とうとうあの二人…。そっか、そうだ。なら、仕方ないよ。私なんかより、最優先はナミだもんね!

それはもちろん"とんだ勘違い"である訳だが、イオナは自分の予測と言う名の妄想を信じて疑わない。

ここで私になにかあれば、ナミもサンジくんも責任感じちゃうよね。

そうだっ。こんなときこそ戦わないと!

もうこれ以上は走れないのだから、自分には戦うしかない。

彼女はある種の勘違いから勇気を得て、ゾンビ男との戦いを決意する。

「う、う、受けて立とうじゃない!?」

民家に立て掛けてあったモップを手に取ったイオナは立ち止まり、鎌ゾンビに立ち向かう。

敵はゾンビ、そう、ゾンビなんだ。

実際は今を生ける薬物中毒者なのだが、少なくとも彼女からみれば生きている人間とは思えなかった。

鎌を振り上げよたよたと歩みよってくる姿を、ジッと睨み付ける。

もし間違って殺しても、相手がゾンビじゃ…、犯罪にはならないよね!?

ってか、血でるの?
ゾンビの返り血とか浴びたくないっ!

まるで自分に言い聞かすかのように、海賊らしからぬ発言を心中で繰り返しながら、イオナは堅く瞼を閉ざし、モップの先端を豪快に振り下ろした。

ボコッ

確かに感じる手応え。

モップがわずかにしなる反動そのものが、全身にその感触を巡らせる錯覚を送り込む。

「ううわぁ、きっしょいっ!」

耐えられなかった。

その手応えは生々しく不気味で、なにより敵が漏らした苦痛の呻きが気色悪かった。

イオナはそれから逃れるために、とっさにモップから手を離し─同時に後悔する。

あぁ、まずいっ!

彼女はここでやっと瞼を持ち上げた。

敵は腕を頭上に掲げており、どうやらその腕を犠牲に攻撃を受け止めたらしい。

「やっぱりゾンビなんだ…」

普通の人間ならば、腕の痛みで一時的に動きを取れなくなるハズだ。多少動じた様子は見せたものの、再び平然と動き出した様子をみて彼女は確信する。

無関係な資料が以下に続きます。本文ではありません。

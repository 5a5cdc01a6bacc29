-- ===== src/Data/Identity/Entries.antt =====
-- The lines of the tracker as the executor of queries reads them.
use cbank_system.Prelude.{
  ℕ, ◌≡◌, refl, ap, ◌∙◌, Bool, true, false, List, [], ◌∷◌, ◌++◌, map, append-nil, take_of_le, All,
  arith,
}
use cbank_system.Prelude.Ret.{Ret, ◌>>=◌}
use cbank_system.Text.{
  Bytes, Lacks, codes, tokens, is_char, strchr, print_nat, print_nat-IsDigit, is_digit, fgets_lines,
  fgets_lines-append,
}
use cbank_system.Text.Laws.{strcspn_cut-append, tokens-append, tokens-last}
use cbank_system.Orm.Filtering.{Doubles, WhereCondition}
use cbank_system.Orm.Insert.{row_text}
use cbank_system.Orm.Select.{SelectQuery}
use cbank_system.Orm.Select.Scan.{
  ResultSet, read_pairs, line_pairs, where_allows, apply_select_where, scan_line, scan_lines,
}
use cbank_system.Orm.Table.{Row, table_text}
use cbank_system.Orm.Table.Meaning.{table_text_step}
use cbank_system.Data.Identity.Tracker.{
  Identity, line_end, identity_row, tracker_text, IsIdentity, digits-Lacks, identity_row-Lacks,
  length-identity_row,
}

-- The columns of an entry, whether its line is closed or not.
abbrev pub open_row : Identity → Row
open_row e = (codes "store", e.name) ∷ (codes "cur_id", print_nat e.cur_id) ∷ []

store_cell : (e : Identity) → Bytes
store_cell e = codes "store=" ++ e.name

id_cell : (n : ℕ) → Bytes
id_cell n = codes "cur_id=" ++ print_nat n

id_cell-Lacks : (n : ℕ) → Lacks b';' (id_cell n)
unfolding id_cell is_digit
id_cell-Lacks n = (
  omega arith,
  (
    omega arith,
    (
      omega arith,
      (
        omega arith,
        (
          omega arith,
          (omega arith, (omega arith, digits-Lacks b';' (print_nat n) refl (print_nat-IsDigit n))),
        ),
      ),
    ),
  ),
)

store_cell-Lacks : (e : Identity) → IsIdentity e → Lacks b';' (store_cell e)
unfolding store_cell
store_cell-Lacks e h =
    (omega arith, (omega arith, (omega arith, (omega arith, (omega arith, (omega arith, h.2))))))

id_tokens :
    (n : ℕ) (closed : Bool) → tokens (is_char b';') (id_cell n ++ line_end closed) ≡ id_cell n ∷ []
id_tokens n true =
    tokens-append b';' (id_cell n) [] (unfold id_cell in λ e. cc) (id_cell-Lacks n)
    ∙ unfold tokens in refl
id_tokens n false =
    rw (append-nil (id_cell n))
      (tokens-last b';' (id_cell n) (unfold id_cell in λ e. cc) (id_cell-Lacks n))

row_text-cells :
    (e : Identity)
    → row_text (identity_row e) ≡ store_cell e ++ b';' ∷ (id_cell e.cur_id ++ line_end e.closed)
unfolding row_text store_cell id_cell
row_text-cells e = refl

identity-tokens :
    (e : Identity)
    → IsIdentity e
    → tokens (is_char b';') (row_text (identity_row e)) ≡ store_cell e ∷ id_cell e.cur_id ∷ []
identity-tokens e h = rw (row_text-cells e) (
    tokens-append b';' (store_cell e) (id_cell e.cur_id ++ line_end e.closed)
      (unfold store_cell in λ f. cc) (store_cell-Lacks e h)
    ∙ ap (λ ts. store_cell e ∷ ts) (id_tokens e.cur_id e.closed))

identity-line_pairs :
    (e : Identity) → IsIdentity e → line_pairs (row_text (identity_row e)) ≡ open_row e
unfolding line_pairs
identity-line_pairs e h =
    rw (identity-tokens e h) (unfold read_pairs store_cell id_cell strchr in refl)

-- The same entry on a line that is not closed.
unfoldable pub opened : Identity → Identity
opened e = record { name = e.name; cur_id = e.cur_id; closed = false }

pub opened-IsIdentity : (e : Identity) → IsIdentity e → IsIdentity (opened e)
unfolding opened
opened-IsIdentity e h = h

where_allows-entry :
    (d : Doubles) (cs : List WhereCondition) (e : Identity)
    → IsIdentity e
    → where_allows d cs (row_text (identity_row e))
      ≡ where_allows d cs (row_text (identity_row (opened e)))
unfolding where_allows opened
where_allows-entry d [] e h = refl
where_allows-entry d (c ∷ cs) e h =
    let long = length-identity_row e h in
    let long' = length-identity_row (opened e) (opened-IsIdentity e h) in
    rw
      (
        take_of_le 1023 (row_text (identity_row e)) (omega arith),
        take_of_le 1023 (row_text (identity_row (opened e))) (omega arith),
        identity-line_pairs e h,
        identity-line_pairs (opened e) (opened-IsIdentity e h),
      )
      refl

scan_line-entry :
    (d : Doubles) (q : SelectQuery) (rs : ResultSet) (e : Identity)
    → IsIdentity e
    → scan_line d q rs (row_text (identity_row e) ++ 10 ∷ [])
      ≡ scan_line d q rs (row_text (identity_row (opened e)) ++ 10 ∷ [])
unfolding scan_line apply_select_where opened
scan_line-entry d q rs e h =
    rw
      (
        strcspn_cut-append 10 (row_text (identity_row e)) [] (identity_row-Lacks e h),
        strcspn_cut-append 10 (row_text (identity_row (opened e))) []
            (identity_row-Lacks (opened e) (opened-IsIdentity e h)),
        where_allows-entry d q.conditions e h,
        identity-line_pairs e h,
        identity-line_pairs (opened e) (opened-IsIdentity e h),
      )
      refl

>>=-cong :
    (call : Ret ResultSet) (f g : ResultSet → Ret ResultSet)
    → ((rs : ResultSet) → f rs ≡ g rs)
    → (call >>= f) ≡ (call >>= g)
>>=-cong (Ret.ok rs) f g h = h rs
>>=-cong Ret.null f g h = refl
>>=-cong Ret.fault f g h = refl

pub scan_lines-entries :
    (d : Doubles) (q : SelectQuery) (rs : ResultSet) (entries : List Identity)
    → All IsIdentity entries
    → scan_lines d q rs (fgets_lines 1023 (tracker_text entries))
      ≡ scan_lines d q rs (fgets_lines 1023 (tracker_text (map opened entries)))
unfolding scan_lines tracker_text
scan_lines-entries d q rs [] h = refl
scan_lines-entries d q rs (e ∷ entries) (he, h) =
    let h' = opened-IsIdentity e he in
    let long = length-identity_row e he in
    let long' = length-identity_row (opened e) h' in
    rw
      (
        fgets_lines-append 1023 (row_text (identity_row e)) (tracker_text entries)
            (identity_row-Lacks e he) (omega arith),
        fgets_lines-append 1023 (row_text (identity_row (opened e)))
            (tracker_text (map opened entries)) (identity_row-Lacks (opened e) h') (omega arith),
        scan_lines,
        scan_line-entry d q rs e he,
      )
      (>>=-cong (scan_line d q rs (row_text (identity_row (opened e)) ++ 10 ∷ [])) _ _
        (λ rs'. scan_lines-entries d q rs' entries h))

pub open-table_text :
    (entries : List Identity)
    → tracker_text (map opened entries) ≡ table_text (map open_row entries)
unfolding tracker_text opened
open-table_text [] = unfold table_text in refl
open-table_text (e ∷ entries) =
    rw
      (
        append-nil (print_nat e.cur_id),
        open-table_text entries,
        table_text_step (open_row e) (map open_row entries),
      )
      refl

そんな彼女の胸中など知るよしもなく─鎌ゾンビは頭をかばった腕を力なくブランと垂らし、鎌を持つ方の腕を振りあげた。

カランッ

取り落としたモップが地を跳ねる。

もはや絶望的…ではない。

いける!

何故か沸き上がる根拠のない自信。
しかし、それが彼女の力。

鎌が振り下ろされると同時、イオナは瞬時にしゃがみこみモップを再び手にする。身体を伏せたまま、刃先から逃れるための一歩を踏み出し─

グジャリ。

─無情にも、その鎌は右肩に鋭い痛みを浴びせかけた。

「あっ、痛ぁ…。」

その刃が錆びていたせいか、肉を切り落とされるまでには至らず、柔肌を引き千切るかのようして肩に傷をうむ。

「逃げないと!」

ゾンビって血液感染だっけ?
もしかして、私ゾンビ予備軍??
そんなの嫌なんだけど!?

熱く疼く傷口を押さえつつ、余計なことを考えるイオナ。対するゾンビは、なにやらブツブツと呟きながら再び鎌を振り上げた。

受けて立つ!モップだけど!

しゃがみこんだまま、血の流れる右腕で構えたモップ。傷口を左手で押さえているものの、止血するには及ばない。

鎌ゾンビは低い呻き声をあげながら、それまでより力強く鎌を振り降ろし─イオナは硬く瞼を閉じる。

こういうとき、ゾロが助けに来てくれたらラブメロ展開なのにぃいいい〜!

全く緊張感のない心の絶叫。

それが届いたのだろうか。

─刹那。

彼女は左腕を掴まれ、何者かに抱き寄せられた。